Online lender Kabbage is partnering with a "technology-enabled bank" to begin offering Small Business Administration (SBA) loans through the $350 billion Paycheck Program Program (PPP).
"We've known this bank for a long time. We have just not worked directly with them previously," said Kabbage co-founder Kathryn Petralia, who declined to name the bank, but added the institution is expected to make its own announcement soon. "They're a very tech-enabled, tech-forward institution, and they were able to move really quickly."
Kabbage will also apply to become a direct lender for the SBA loans, Paul Bernardini, Kabbage's head of communications, told Banking Dive. Fintechs and other nonbank lenders are still awaiting guidance from the Treasury on how to offer the loans to small businesses directly.
Sen. Marco Rubio, R-FL, one architect of the PPP, tweeted Saturday that "multiple fintechs, including PayPal and other online lenders, are ready, able and willing to process” PPP loans, but "they need Treasury to release [the] application for nonbank lenders." Rubio added he expects that paperwork to roll out this week.
The SBA has committed to a "quick review" of the applications for nonbank lenders, Petralia told Banking Dive.
Banks have processed $71 billion loans for 265,000 small businesses since the program’s launch Friday, SBA officials said Tuesday.
The PPP is part of the U.S. government’s $2.2 trillion coronavirus relief package and is meant to help small businesses struggling amid the coronavirus pandemic.
The program, however, has had a rough start, plagued by overwhelming demand and a lack of clear guidelines, some bankers said.
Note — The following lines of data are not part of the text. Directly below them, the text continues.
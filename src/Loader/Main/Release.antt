-- ===== src/Loader/Main/Release.antt =====
-- The monitor thread of scx_morpheus/src/main.rs while it runs: no penalty stays for good.
use morpheus.Prelude.{
  ℕ, ◌+◌, ◌≤◌, ◌≡◌, refl, sym, ◌∙◌, ap, ◌⊎◌, length, Bool, true, false, Option, none, some, List,
  [], ◌∷◌, ◌++◌, map, lookup, nat_eq, lookup-insert, arith, Option-cases, inl, inr, if◌then◌else◌,
  ltb, All,
}
use morpheus.Prelude.Text.{Text, text_eq}
use morpheus.Loader.Penalty.{
  MorpheusEscalationEvent, ActivePenalty, System, State, new, active, throttle,
  handle_escalation_event, expired, check_expired_penalties, cpu_max, penalty_ns,
}
use morpheus.Loader.PenaltyExpiry.{
  Unique, expired-lookup, release_all-active, release_all-Unique, handle-Unique,
}
use morpheus.Loader.Main.{on_escalation, read_event, event_size, poll, monitor_round, monitor}

-- All penalties expire by a time, and no process has two.
pub record Due (limit : ℕ) (s : State) : Type 0 where
  unique : Unique (active s)
  by_then : (pid : ℕ) (p : ActivePenalty) → lookup pid (active s) ≡ some p → p.expiry ≤ limit

throttle-by_then :
    (limit : ℕ) (sys : System) (pid : ℕ) (file : Text) (current : Option Text) (s : State)
    → sys.now + penalty_ns ≤ limit
    → Due limit s
    → (j : ℕ) (p : ActivePenalty) → lookup j (active (throttle sys pid file current s)) ≡ some p
    → p.expiry ≤ limit
unfolding throttle
throttle-by_then limit sys pid file none s early d j p e = d.by_then j p e
throttle-by_then limit sys pid file (some current) s early d j p e =
    let q : ActivePenalty = record { original = current; expiry = sys.now + penalty_ns } in
    ground (arith, e, d.by_then j p, lookup-insert pid j q (active s))

-- An escalation changes nothing or goes on to the file.
handle_cases :
    (sys : System) (event : MorpheusEscalationEvent) (s : State)
    → (handle_escalation_event sys event s ≡ s)
      ⊎ ((file : Text) × (handle_escalation_event sys event s
            ≡ throttle sys event.pid file (lookup file s.files) s))
unfolding handle_escalation_event
handle_cases sys event s = elim (Option-cases (lookup event.pid (active s))) [
  | inr (p, e) ↦ inl (rw (e, handle_escalation_event) refl)
  | inl e ↦ elim (Option-cases (cpu_max sys event.pid)) [
    | inl none_found ↦ inl (rw (e, none_found, handle_escalation_event) refl)
    | inr (file, found) ↦ inr (file, rw (e, found, handle_escalation_event) refl)
  ]
]

handle-Due :
    (limit : ℕ) (sys : System) (event : MorpheusEscalationEvent) (s : State)
    → sys.now + penalty_ns ≤ limit
    → Due limit s
    → Due limit (handle_escalation_event sys event s)
handle-Due limit sys event s early d = record {
  unique = handle-Unique sys event s d.unique;
  by_then = λ j p e. elim (handle_cases sys event s) [
    | inl same ↦ d.by_then j p (ap (λ t. lookup j (active t)) (sym same) ∙ e)
    | inr (file, went_on) ↦
        throttle-by_then limit sys event.pid file (lookup file s.files) s early d j p
          (ap (λ t. lookup j (active t)) (sym went_on) ∙ e)
  ];
}

-- The clock of each record of a poll comes early enough.
abbrev pub Early : ℕ → List (System × List ℕ) → Type 0
Early limit records = All (λ (r : System × List ℕ). r.0.now + penalty_ns ≤ limit) records

poll-Due :
    (limit : ℕ) (records : List (System × List ℕ)) (s : State)
    → Early limit records
    → Due limit s
    → Due limit (poll records s)
unfolding poll on_escalation
poll-Due limit [] s early d = d
poll-Due limit ((sys, bytes) ∷ rest) s (now, later) d =
    poll-Due limit rest (on_escalation sys bytes s).0 later
      (elim (ltb (length bytes) event_size)
        as (λ b.
          let r : State × ℕ =
            if b then (s, 0) else (handle_escalation_event sys (read_event bytes) s, 0) in
          Due limit r.0) [ true ↦ d | false ↦ handle-Due limit sys (read_event bytes) s now d ])

check-Due :
    (limit : ℕ) (sys : System) (s : State) → Due limit s → Due limit (check_expired_penalties sys s)
unfolding check_expired_penalties
check-Due limit sys s d =
    let pids = expired sys.now (active s) in
    record {
      unique = release_all-Unique sys pids s d.unique;
      by_then = λ j p e. ground (arith, e, d.by_then j p, release_all-active sys pids j s);
    }

nothing_found : (ps : List (ℕ × ActivePenalty)) → ((pid : ℕ) → lookup pid ps ≡ none) → ps ≡ []
unfolding lookup
nothing_found [] h = refl
nothing_found ((pid, p) ∷ ps) h = ground (arith, h pid)

-- A check that comes late enough releases everything.
check-empties :
    (limit : ℕ) (sys : System) (s : State)
    → limit ≤ sys.now
    → Due limit s
    → active (check_expired_penalties sys s) ≡ []
unfolding check_expired_penalties
check-empties limit sys s late d = nothing_found (active (check_expired_penalties sys s)) (λ pid.
    release_all-active sys (expired sys.now (active s)) pid s
    ∙ expired-lookup sys.now pid (active s) d.unique
    ∙ elim (Option-cases (lookup pid (active s))) [
      | inl absent ↦ rw absent refl
      | inr (p, there) ↦ ground (arith, there, d.by_then pid p there)
    ])

-- A round that the thread begins.
abbrev pub started : List (System × List ℕ) × System → Bool × List (System × List ℕ) × System
started (records, sys) = (true, records, sys)

monitor-empties :
    (limit : ℕ) (rounds : List (List (System × List ℕ) × System)) (records : List (System × List ℕ))
    (sys : System) (s : State)
    → All (λ (r : List (System × List ℕ) × System). Early limit r.0) rounds
    → Early limit records
    → limit ≤ sys.now
    → Due limit s
    → active (monitor (map started rounds ++ started (records, sys) ∷ []) s) ≡ []
unfolding monitor monitor_round
monitor-empties limit [] records sys s all_early early late d =
    check-empties limit sys (poll records s) late (poll-Due limit records s early d)
monitor-empties limit ((polled, checked) ∷ rounds) records sys s all_early early late d =
    monitor-empties limit rounds records sys (monitor_round polled checked s) all_early.1 early late
      (check-Due limit checked (poll polled s) (poll-Due limit polled s all_early.0 d))

-- While the monitor thread runs, no penalty stays for good: it starts with none, and whatever records
-- its polls hand over, whatever the system answers and whatever its checks have released before, a
-- round whose check comes at least five seconds after all of these records leaves no penalty active.
pub monitor-releases :
    (rounds : List (List (System × List ℕ) × System)) (records : List (System × List ℕ))
    (sys : System) (files : List (Text × Text))
    → All (λ (r : List (System × List ℕ) × System). Early sys.now r.0) rounds
    → Early sys.now records
    → active (
        monitor
          (map started rounds ++ started (records, sys) ∷ [])
          (record { manager = new; files = files }))
      ≡ []
unfolding new lookup
monitor-releases rounds records sys files all_early early =
    monitor-empties sys.now rounds records sys (record { manager = new; files = files }) all_early
      early (omega arith) (record { unique = tt; by_then = λ pid p e. ground (arith, e) })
Kabbage has received more than 37,000 PPP applications, representing more than $3.5 billion, the company said.
The lender, which has been lobbying Congress for the chance to help in the SBA’s loan program since the start of the coronavirus crisis, has also had to retool its own business model due to the impact of the pandemic.
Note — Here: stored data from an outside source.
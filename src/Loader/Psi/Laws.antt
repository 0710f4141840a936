-- ===== src/Loader/Psi/Laws.antt =====
-- What the readers of the pressure files and of the maps promise.
use morpheus.Prelude.{
  ℕ, ◌≤◌, ◌<◌, ◌^◌, ◌≡◌, refl, Option, none, some, List, [], ◌∷◌, arith, length, subst, sym, leb,
  true, to_ne_bytes, read_at, read_at-head, read_at-skip, ◌∙◌,
}
use morpheus.Prelude.Text.{Text, text, split_whitespace, lines}
use morpheus.Kernel.State.{MorpheusStats}
use morpheus.Loader.Psi.{
  F32, Proc, psi_lines, read_psi_avg10, unwrap_or, global_pressure_bytes, read_global_pressure,
  stats_totals, stats_bytes, avg10_value, percent, find_prefixed,
}

module _ (f : F32) where
  percent-le : (v : Option f.Float) → unwrap_or (percent f v) 0 ≤ 100
  percent-le none = omega arith
  percent-le (some v) = f.clamp_bounds v

  avg10_value-le :
      (value : Option Text) (next : Option ℕ)
      → unwrap_or next 0 ≤ 100
      → unwrap_or (avg10_value f value next) 0 ≤ 100
  avg10_value-le none next h = h
  avg10_value-le (some value) next h = percent-le (f.parse value)

  psi_lines-le : (ls : List Text) → unwrap_or (psi_lines f ls) 0 ≤ 100
  unfolding psi_lines
  psi_lines-le [] = omega arith
  psi_lines-le (line ∷ rest) =
      let ih = psi_lines-le rest in
      let words = find_prefixed f (text "avg10=") (split_whitespace line) in
      ground (arith, ih, avg10_value-le words (psi_lines f rest) ih)

  psi-le : (file : Option Text) → unwrap_or (read_psi_avg10 f file) 0 ≤ 100
  unfolding read_psi_avg10
  psi-le none = omega arith
  psi-le (some content) = psi_lines-le (lines content)

  cpu-read :
      (p : Proc)
      → read_at 0 4 (global_pressure_bytes f p) ≡ unwrap_or (read_psi_avg10 f p.pressure_cpu) 0
  unfolding global_pressure_bytes
  cpu-read p = read_at-head 4 _ _ (omega (arith, psi-le p.pressure_cpu))

  io-read :
      (p : Proc)
      → read_at 4 4 (global_pressure_bytes f p) ≡ unwrap_or (read_psi_avg10 f p.pressure_io) 0
  unfolding global_pressure_bytes
  io-read p = read_at-skip 4 0 4 _ _ ∙ read_at-head 4 _ _ (omega (arith, psi-le p.pressure_io))

  memory-read :
      (p : Proc)
      → read_at 8 4 (global_pressure_bytes f p) ≡ unwrap_or (read_psi_avg10 f p.pressure_memory) 0
  unfolding global_pressure_bytes
  memory-read p =
      read_at-skip 4 4 4 _ _
      ∙ (read_at-skip 4 0 4 _ _ ∙ read_at-head 4 _ _ (omega (arith, psi-le p.pressure_memory)))

  length-pressure : (p : Proc) → length (global_pressure_bytes f p) ≡ 16
  unfolding global_pressure_bytes to_ne_bytes
  length-pressure p = refl

  -- Whatever the files of /proc hold, and also where they cannot be read, the entry that goes into
  -- the pressure map has 16 bytes, and each of its three pressures reads as a percentage.
  pub pressure-bounded :
      (p : Proc)
      → let g = read_global_pressure (global_pressure_bytes f p) in
        (length (global_pressure_bytes f p) ≡ 16)
        × (g.cpu_pressure_pct ≤ 100)
        × (g.io_pressure_pct ≤ 100)
        × (g.memory_pressure_pct ≤ 100)
  unfolding read_global_pressure
  pressure-bounded p = (
    length-pressure p,
    rw (cpu-read p) (psi-le p.pressure_cpu),
    rw (io-read p) (psi-le p.pressure_io),
    rw (memory-read p) (psi-le p.pressure_memory),
  )

length-stats_bytes : (s : MorpheusStats) → length (stats_bytes s) ≡ 48
unfolding stats_bytes to_ne_bytes
length-stats_bytes s = refl

hints-read :
    (s : MorpheusStats) → s.hints_emitted < 2 ^ 64 → read_at 0 8 (stats_bytes s) ≡ s.hints_emitted
unfolding stats_bytes
hints-read s h = read_at-head 8 _ _ h

dropped-read :
    (s : MorpheusStats) → s.hints_dropped < 2 ^ 64 → read_at 8 8 (stats_bytes s) ≡ s.hints_dropped
unfolding stats_bytes
dropped-read s h = read_at-skip 8 0 8 _ _ ∙ (read_at-head 8 _ _ h)

escalations-read :
    (s : MorpheusStats) → s.escalations < 2 ^ 64 → read_at 16 8 (stats_bytes s) ≡ s.escalations
unfolding stats_bytes
escalations-read s h = read_at-skip 8 8 8 _ _ ∙ (read_at-skip 8 0 8 _ _ ∙ (read_at-head 8 _ _ h))

blocked-read :
    (s : MorpheusStats)
    → s.escalations_blocked < 2 ^ 64
    → read_at 24 8 (stats_bytes s) ≡ s.escalations_blocked
unfolding stats_bytes
blocked-read s h =
    read_at-skip 8 16 8 _ _
    ∙ (read_at-skip 8 8 8 _ _ ∙ (read_at-skip 8 0 8 _ _ ∙ (read_at-head 8 _ _ h)))

ticks-read :
    (s : MorpheusStats) → s.ticks_total < 2 ^ 64 → read_at 32 8 (stats_bytes s) ≡ s.ticks_total
unfolding stats_bytes
ticks-read s h =
    read_at-skip 8 24 8 _ _
    ∙ (read_at-skip 8 16 8 _ _
        ∙ (read_at-skip 8 8 8 _ _ ∙ (read_at-skip 8 0 8 _ _ ∙ (read_at-head 8 _ _ h))))

-- The totals that are printed are the first five counters of the scheduler, where these are 64-bit
-- words.
pub stats_totals-stats_bytes :
    (s : MorpheusStats)
    → s.hints_emitted < 2 ^ 64
    → s.hints_dropped < 2 ^ 64
    → s.escalations < 2 ^ 64
    → s.escalations_blocked < 2 ^ 64
    → s.ticks_total < 2 ^ 64
    → stats_totals (some (stats_bytes s)) ≡ record {
      total_hints = s.hints_emitted;
      total_dropped = s.hints_dropped;
      total_escalations = s.escalations;
      total_blocked = s.escalations_blocked;
      total_ticks = s.ticks_total;
    }
unfolding stats_totals
stats_totals-stats_bytes s h d e b t =
    rw (subst (λ n. leb 40 n ≡ true) (sym (length-stats_bytes s)) refl) (
      cc (hints-read s h, dropped-read s d, escalations-read s e, blocked-read s b, ticks-read s t))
In a blog post last week, Kabbage CEO Rob Frohwein said the company "officially paused Kabbage lending on Sunday, March 29 as we needed time to restructure our systems and teams to prepare to deliver billions of dollars of aid through the Paycheck Protection Program."
Kabbage is dealing with the loss of loan origination revenue, as well as losses on the performance of existing loans, according to the Financial Times.
"We are always on the side of small businesses and believe strongly that these funds are absolutely the best financial product for them right now," Frohwein wrote. "As a result, we made the logical, responsible and ethical choice to convert all our efforts to aid the Small Business Administration in this enormous task."
The decision to restructure allows the company to make the biggest impact amid the crisis, Petralia said.
"Like the way manufacturers are shifting their business to make ventilators en masse, we had to change our apparatus, as well," she said. "That was a lot of effort, and our folks truly were tireless in their work to retool our platform to be able to accommodate these types of loans."
Like many other companies reeling from the economic disruption caused by the pandemic, Kabbage has had to furlough a "significant number" of its U.S. team of 500 employees, according to an internal memo seen by TechCrunch. The Atlanta-based lender also shut down its office in Bangalore, India, while executive staff members took a "considerable" pay cut.
But the company has since been able to bring back some staff as it refocuses on delivering PPP loans, Petralia said.
Some banks have prioritized existing customers in processing the loans. But Petralia said that won't be the case with Kabbage.
"That is happening with some large institutions. The reason behind that is not because they're trying to be jerks or favor their own customers, it’s because it's really hard to verify business identity," she said. "One of the biggest risks we have in this program is fraud because whenever there's a crisis, the bad guys are always out in force."
Petralia said many banks are not set up to handle the demand for loans brought on by the crisis and are limiting the loans to existing borrowers who have already gone through the required know-your-customer identity checks.
"A lot of these banks always relied on manual processes and interviews in the bank branch, and we're in this really extraordinary time where nobody's going into any bank branch," Bernardini said. "Everything has to be online, everything has to be digital. And that's something we've been specializing in over the past 10 years."
More to come
Treasury Secretary Steven Mnuchin asked Congress for an additional $250 billion for the PPP program Tuesday, and Senate Majority Leader Mitch McConnell, R-KY, said he hoped to pass the cash infusion through the Senate on Thursday, according to The Washington Post.
Rubio has also requested the program be replenished with additional funds.
"The fear that #PPP will run out of money is creating tremendous anxiety among #SmallBusiness," he tweeted Tuesday. "We have days, NOT weeks to address this."
Petralia said she is hopeful the additional funds will be approved, adding that the fintech is capable of processing billions of dollars.
"We can serve hundreds of thousands of small businesses to the tune of many billions of dollars, measured in tens of billions, not single billions," she said.